Question

For the past one week, I have been trying to learn more about Automorphism groups of different groups. Very recently one of my friend asked this question to me:

• What is the Autmorphism group of $(\mathbb{Q}^{\ast},\times)$. In short, what is $\text{Aut}(\mathbb{Q}^{\ast})$?

I emailed couple of friends and got the answer as:

• $\text{Aut}(\mathbb{Q}^{\ast})$ is isomorphic to the automorphism group of a free abelian group of countable rank. In particular, it will contain $\text{GL}(n,\mathbb{Z})$ for all $n$.

My question would be :

• Can we realize $\text{SL}_{n}(\mathbb{Z})$ to be the automorphism group of some group?

• Are there groups which are which are "very difficult" to be realized as the Automorphism group of a certain group.

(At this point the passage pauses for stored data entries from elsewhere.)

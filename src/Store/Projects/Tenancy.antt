-- ===== src/Store/Projects/Tenancy.antt =====
-- EnsureProject never hands a project to another tenant.
use lecrev.Prelude.{
  String, ◌≡◌, ◌≢◌, none, some, arith, eq_iff, eq_refl, Option-cases, inl, inr, ◌⊎◌,
}
use lecrev.Maps.{get, put, get-put}
use lecrev.Errors.{ok, err, access_denied}
use lecrev.Domain.{Time, Project, ApiKey}
use lecrev.Store.State.{Store}
use lecrev.Store.Projects.{new_project, touch_api_key_last_used, ensure_project, get_project}

-- An ensured project is of the caller's tenant, and a lookup then finds it; and unless no project
-- had the id before, the store is as it was.
ensure_project_tenant :
    (id tenant name : String) (now : Time) (s : Store) {p : Project} {s' : Store}
    → ensure_project id tenant name now s ≡ (ok p, s')
    → (p.tenant_id ≡ tenant)
      × (get_project id s' ≡ (ok p, s'))
      × ((get s.projects id ≡ none) ⊎ ((get s.projects id ≡ some p) × (s' ≡ s)))
unfolding ensure_project get_project
ensure_project_tenant id tenant name now s {p} {s'} e = elim (Option-cases (get s.projects id)) [
  | inl h ↦ (
    ground (arith, h),
    ground (arith, h, get-put s.projects id id (new_project id tenant name now), eq_refl id),
    inl h,
  )
  | inr (q, h) ↦ (
    ground (arith, h, eq_iff q.tenant_id tenant),
    ground (arith, h),
    inr (ground (arith, h), ground (arith, h)),
  )
]

-- A project that is there under another tenant is refused, with the store as it was.
ensure_project_denied :
    (id tenant name : String) (now : Time) (s : Store) (p : Project)
    → get s.projects id ≡ some p
    → p.tenant_id ≢ tenant
    → ensure_project id tenant name now s ≡ (err access_denied, s)
unfolding ensure_project
ensure_project_denied id tenant name now s p h n = ground (arith, h, eq_iff p.tenant_id tenant)

-- A call adds the new project, or writes nothing.
pub ensure_project_effect :
    (id tenant name : String) (now : Time) (s : Store)
    → ((ensure_project id tenant name now s).1
        ≡ record s { projects = put s.projects id (new_project id tenant name now) })
      ⊎ ((ensure_project id tenant name now s).1 ≡ s)
unfolding ensure_project
ensure_project_effect id tenant name now s = elim (Option-cases (get s.projects id)) [
  | inl h ↦ inl (ground (arith, h))
  | inr (q, h) ↦ inr (ground (arith, h))
]

-- A touch rewrites the key that is there, or writes nothing.
pub touch_api_key_effect :
    (hash : String) (now : Time) (s : Store)
    → ((k : ApiKey) × (get s.api_keys hash ≡ some k)
        × ((touch_api_key_last_used hash now s).1
            ≡ record s { api_keys = put s.api_keys hash (record k { last_used_at = now }) }))
      ⊎ ((touch_api_key_last_used hash now s).1 ≡ s)
unfolding touch_api_key_last_used
touch_api_key_effect hash now s = elim (Option-cases (get s.api_keys hash)) [
  | inl h ↦ inr (ground (arith, h))
  | inr (k, h) ↦ inl (k, h, ground (arith, h))
]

So suppose someone comes and asks me: Is $S_{3}$ or $\text{GL}_{2}(\mathbb{Z})$ the Automorphism group of some group, then how can i answer the question. I am particularly interested in seeing how to think for a solution.

Answer 1

This doesn't quite answer your question, but Bumagin and Wise proved every countable group is the outer automorphism group of a finitely generated group.

Answer 2

Another not quite answer: In the beautiful paper

Automorphism groups of polycyclic by finite groups and arithmetic groups, (with F. Grunewald), Publ. Math. IHES 104 (2006), no. 1

the authors show that in any cases the automorphism groups of polyciclic-by-finite groups are "arithmetic" (basically subgroups of $SL(n, \mathbb{Z})$ (results of this sort have actually been know for quite a while for narrower classes of groups -- check the references of the paper).